# Is this how it will be from now on



## DougE (Dec 3, 2021)

Ok, when I registered here at SMF, my user name was DougE (with caps as shown). somehow or other, my username turned into all lower case letters. I asked that this be corrected back to what it originally was, and it has been, but now I'm just formerly douge.







I'd kind of like to have my rank shown, instead of "formerly douge". I know this is nit picky and shouldn't matter.


----------



## SmokingUPnorth (Dec 3, 2021)

Lol that’s weird. I always wondered why my name is under my forum name “SmokingUPnorth” is SmokingUPnorth and most people have the master of the pit, meat moppet and whatnot under theirs. I think mine change when I requested a name change.


----------



## DougE (Dec 3, 2021)

LOL  mine did too, but mine got changed from the original one I registered with one of the site hosting changes. My birthday also got changed, but I had that fixed awhile back. I was kinda looking forward to moving beyond "meat mopper" without padding my post count to do it.


----------



## TulsaJeff (Dec 3, 2021)

I will have to check on this to figure out why it's not showing up.. give us a little bit.


----------



## TulsaJeff (Dec 3, 2021)

Fixed


----------



## DougE (Dec 3, 2021)

Thanks, Jeff.


----------



## TulsaJeff (Dec 3, 2021)

DougE said:


> Thanks, Jeff.



No problem at all


----------



## DougE (Dec 3, 2021)

Just for that, I'm gonna buy your rub and sauce recipes again. The Texas one wasn't a thing back when I bought the recipes, but it looks interesting. I am willing to buy them over to get that one.


----------



## TulsaJeff (Dec 3, 2021)

I appreciate that Doug however I include the Texas rub in the purchase now and give that to anyone who has purchased already.. no need to buy it. I will re-send the download link to the email on file.


----------



## DougE (Dec 3, 2021)

Why thanks, Jeff. I was willing to buy again to support the site I have learned so much from.


----------



## TulsaJeff (Dec 3, 2021)

DougE said:


> Why thanks, Jeff. I was willing to buy again to support the site I have learned so much from.

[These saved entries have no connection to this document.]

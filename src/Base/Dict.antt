-- ===== src/Base/Dict.antt =====
-- A map keyed by numbers, as the list of its entries in the order in which they are visited.
use Prim.Native.Nat.{ℕ}
use mathlib.Core.Bool.{Bool, true, false}
use mathlib.Core.Option.{Option, none, some}
use mathlib.Core.List.{List, [], ◌∷◌}
use mathlib.Core.Path.{◌≡◌, refl, ap, ◌∙◌}
use mathlib.Core.Logic.{inl, inr}
use sassrv.Base.Tests.{◌==◌, if◌then◌else◌, Bool-cases, eq→==}

abbrev pub Dict : Type 0 → Type 0
Dict V = List (ℕ × V)

module _ {V : Type 0} where
  abbrev pub lookup : ℕ → Dict V → Option V
  lookup k [] = none
  lookup k ((j, v) ∷ d) = let rest = lookup k d in if k == j then some v else rest

  abbrev pub contains : ℕ → Dict V → Bool
  contains k [] = false
  contains k ((j, v) ∷ d) = let rest = contains k d in if k == j then true else rest

  -- The value of the first entry of the key is replaced; a new entry comes last.
  abbrev pub put : ℕ → V → Dict V → Dict V
  put k v [] = (k, v) ∷ []
  put k v ((j, w) ∷ d) = let rest = put k v d in if k == j then (k, v) ∷ d else (j, w) ∷ rest

  abbrev pub erase : ℕ → Dict V → Dict V
  erase k [] = []
  erase k ((j, w) ∷ d) = let rest = erase k d in if k == j then d else (j, w) ∷ rest

  pub lookup-put_self : (k : ℕ) (v : V) (d : Dict V) → lookup k (put k v d) ≡ some v
  lookup-put_self k v [] = ap (λ b. if b then some v else none) (eq→== k k refl)
  lookup-put_self k v ((j, w) ∷ d) = elim (Bool-cases (k == j)) [
    | inl t ↦
        ap (λ b. lookup k (if b then (k, v) ∷ d else (j, w) ∷ put k v d)) t
        ∙ ap (λ b. if b then some v else lookup k d) (eq→== k k refl)
    | inr t ↦
        ap (λ b. lookup k (if b then (k, v) ∷ d else (j, w) ∷ put k v d)) t
        ∙ ap (λ b. if b then some w else lookup k (put k v d)) t
        ∙ lookup-put_self k v d
  ]
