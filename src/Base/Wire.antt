-- ===== src/Base/Wire.antt =====
-- What the program takes from raimd and raikv, which are not part of the repository: the
-- big-endian field readers `get_u16<MD_BIG>` and `get_u32<MD_BIG>`, and the hash table
-- `IntHashTabT`, each with the behaviour that its documentation promises.
use Prim.Native.Nat.{ℕ, ◌+◌, ◌*◌}
use mathlib.Core.Path.{◌≡◌, refl}
use mathlib.Core.Logic.{◌≢◌, ite, if_pos, if_neg}
use mathlib.Core.Option.{Option, none, some}
use mathlib.Core.List.{List, ◌∷◌}

pub record Decoder : Type 0 where
  pub get_u16 : List ℕ → ℕ
  pub get_u32 : List ℕ → ℕ
  pub get_u16_lem : (a b : ℕ) (rest : List ℕ) → get_u16 (a ∷ b ∷ rest) ≡ a * 256 + b
  pub get_u32_lem :
      (a b c d : ℕ) (rest : List ℕ)
      → get_u32 (a ∷ b ∷ c ∷ d ∷ rest) ≡ ((a * 256 + b) * 256 + c) * 256 + d

abbrev be16 : List ℕ → ℕ
be16 (a ∷ b ∷ _) = a * 256 + b
be16 _ = 0

abbrev be32 : List ℕ → ℕ
be32 (a ∷ b ∷ c ∷ d ∷ _) = ((a * 256 + b) * 256 + c) * 256 + d
be32 _ = 0

-- A decoder that meets the laws.
abbrev pub big_endian : Decoder
big_endian = record {
  get_u16 = be16;
  get_u32 = be32;
  get_u16_lem = λ a b rest. refl;
  get_u32_lem = λ a b c d rest. refl;
}

pub record HashTab (K V : Type 0) : Type 1 where
  pub Tab : Type 0
  pub empty : Tab
  pub find : Tab → K → Option V
  pub set_rsz : Tab → K → V → Tab
  pub remove : Tab → K → Tab
  pub find-empty : (k : K) → find empty k ≡ none
  pub find-set_self : (t : Tab) (k : K) (v : V) → find (set_rsz t k v) k ≡ some v
  pub find-set_ne : (t : Tab) (k j : K) (v : V) → k ≢ j → find (set_rsz t k v) j ≡ find t j
  pub find-remove_self : (t : Tab) (k : K) → find (remove t k) k ≡ none
  pub find-remove_ne : (t : Tab) (k j : K) → k ≢ j → find (remove t k) j ≡ find t j

module _ {K V : Type 0} (same : Discrete K) where
  abbrev pub point : (K → Option V) → K → Option V → K → Option V
  point t k v j = ite (same k j) v (t j)

  pub point_self : (t : K → Option V) (k : K) (v : Option V) → point t k v k ≡ v
  point_self t k v = if_pos (same k k) refl v (t k)

  pub point_ne : (t : K → Option V) (k j : K) (v : Option V) → k ≢ j → point t k v j ≡ t j
  point_ne t k j v ne = if_neg (same k j) ne v (t j)

  -- A table that meets the laws: the finite map as a function.
  abbrev pub function_tab : HashTab K V
  function_tab = record {
    Tab = K → Option V;
    empty = λ _. none;
    find = λ t k. t k;
    set_rsz = λ t k v. point t k (some v);
    remove = λ t k. point t k none;
    find-empty = λ k. refl;
    find-set_self = λ t k v. point_self t k (some v);
    find-set_ne = λ t k j v ne. point_ne t k j (some v) ne;
    find-remove_self = λ t k. point_self t k none;
    find-remove_ne = λ t k j ne. point_ne t k j none ne;
  }
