-- ===== src/Ft.antt =====
-- The fault-tolerant group of src/ft.cpp and include/sassrv/ft.h.
pub mod Peer
pub mod Pool
pub mod Queue
pub mod Group
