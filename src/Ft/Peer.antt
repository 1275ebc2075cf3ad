-- ===== src/Ft/Peer.antt =====
-- src/ft.cpp, include/sassrv/ft.h: the states, messages and actions of the group, `FtPeer`, its
-- rank and its latency, and the counts of members by state.
pub mod Rank
pub mod Counts
pub mod Latency
use sassrv.Base.{
  ℕ, ◌+◌, ◌%◌, Bool, true, false, not, ◌&&◌, ◌||◌, List, ltb, ◌==◌, if◌then◌else◌, add32, sub32,
}
use sassrv.Base.Int.{ℤ, pos, ◌+ℤ◌, ◌/ℤ◌}

-- `FtState`
pub data State : Type 0 where
  listen joining primary secondary finished : State

abbrev pub code : State → ℕ
code listen = 0
code joining = 1
code primary = 2
code secondary = 3
code finished = 4

-- `FtMsgType`
pub data MsgType : Type 0 where
  announce heartbeat keepalive activate deactivate ack finish exiting : MsgType

abbrev pub same_state : State → State → Bool
same_state a b = code a == code b

-- `FtStateCount`
pub record StateCount : Type 0 where
  pub primaries : ℕ
  pub secondaries : ℕ
  pub joins : ℕ

abbrev pub leave_state : State → StateCount → StateCount
leave_state joining c = record c { joins = sub32 c.joins 1 }
leave_state primary c = record c { primaries = sub32 c.primaries 1 }
leave_state secondary c = record c { secondaries = sub32 c.secondaries 1 }
leave_state listen c = c
leave_state finished c = c

abbrev pub enter_state : State → StateCount → StateCount
enter_state joining c = record c { joins = add32 c.joins 1 }
enter_state primary c = record c { primaries = add32 c.primaries 1 }
enter_state secondary c = record c { secondaries = add32 c.secondaries 1 }
enter_state listen c = c
enter_state finished c = c

-- `FtStateCount::update`
unfoldable pub update_count : State → State → StateCount → StateCount
update_count old_state new_state c = enter_state new_state (leave_state old_state c)

unfoldable pub member_count : StateCount → ℕ
member_count c = add32 (add32 c.primaries c.secondaries) c.joins

-- What a message of a peer says: `FtPeerMsg`.
pub record PeerMsg : Type 0 where
  pub kind : MsgType
  pub state : State
  pub hb_ival : ℕ
  pub act_ival : ℕ
  pub prep_ival : ℕ
  pub start_ns : ℕ
  pub weight : ℕ
  pub cur_time : ℕ
  pub fin_time : ℕ
  pub reply : List ℕ
  pub user : List ℕ
  pub sync_inbox : List ℕ

-- `FtPeer`
pub record Peer : Type 0 where
  pub start_ns : ℕ
  pub weight : ℕ
  pub last_rcv_ns : ℕ
  pub latency_accum : ℤ
  pub position : ℕ
  pub latency_cnt : ℕ
  pub state : State
  pub old_state : State
  pub user : List ℕ
  pub sync_inbox : List ℕ

-- The fields of `FtPeer::set`; the count is updated beside them.
abbrev pub set_peer : PeerMsg → Peer → Peer
set_peer m p = record p {
  start_ns = m.start_ns;
  weight = m.weight;
  old_state = p.state;
  state = m.state;
  user = m.user;
  sync_inbox = m.sync_inbox;
}

abbrev pub update_state : State → Peer → Peer
update_state s p = record p { old_state = p.state; state = s }

unfoldable pub latency : Peer → ℤ
latency p = if p.latency_cnt % 256 == 0 then pos 0 else ◌/ℤ◌ p.latency_accum (p.latency_cnt % 256)

-- When 255 samples are in, they are replaced by their mean.
abbrev pub roll_latency : Peer → Peer
roll_latency p =
    if (p.latency_cnt + 1) % 256 == 0
    then record p { latency_accum = latency p; latency_cnt = add32 p.latency_cnt 1 }
    else p

unfoldable pub accum_latency : ℤ → Peer → Peer
unfolding latency
accum_latency lat p =
    let q = roll_latency p in
    record q { latency_accum = q.latency_accum +ℤ lat; latency_cnt = add32 q.latency_cnt 1 }

-- `FtPeer::is_greater_weight`
unfoldable pub is_greater_weight : Peer → Peer → Bool
is_greater_weight p q =
    if ltb q.weight p.weight
    then true
    else (if p.weight == q.weight then ltb p.start_ns q.start_ns else false)

abbrev pub running : State → ℕ
running s = if ltb 1 (code s) then 1 else 0

-- `FtPeer::is_greater`
unfoldable pub is_greater : Peer → Peer → Bool
unfolding is_greater_weight
is_greater p q =
    if ltb (running q.state) (running p.state)
    then true
    else (if running p.state == running q.state then is_greater_weight p q else false)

I appreciate your being willing to re-purchase them.. means a lot. I Just re-sent that download to you. when you click on it you'll see all of the available downloads. Let me know if you need further help with this.


----------



## DougE (Dec 3, 2021)

TulsaJeff said:


> I appreciate your being willing to re-purchase them.. means a lot. I Just re-sent that download to you. when you click on it you'll see all of the available downloads. Let me know if you need further help with this.


I got it, Jeff. Thanks again.


----------



## SmokinEdge (Dec 3, 2021)

Such a great forum to be a part of.


----------



## Brokenhandle (Dec 4, 2021)

SmokinEdge said:


> Such a great forum to be a part of.


Yep, really nice seeing posts like this!

Ryan


----------



## Colin1230 (Dec 4, 2021)

Yes, really cool community!


----------



## negolien (Dec 4, 2021)

Yup it really is.. I was in another group and they were kinda snobby and I rarely got any feedback. I have had nothing but positive experiences here.


----------



## gmc2003 (Dec 4, 2021)

negolien said:


> I have had nothing but positive experiences here.



We'll have to rectify this. LOL

Chris


----------



## SmokingUPnorth (Dec 4, 2021)

Delete. I’m dumb


----------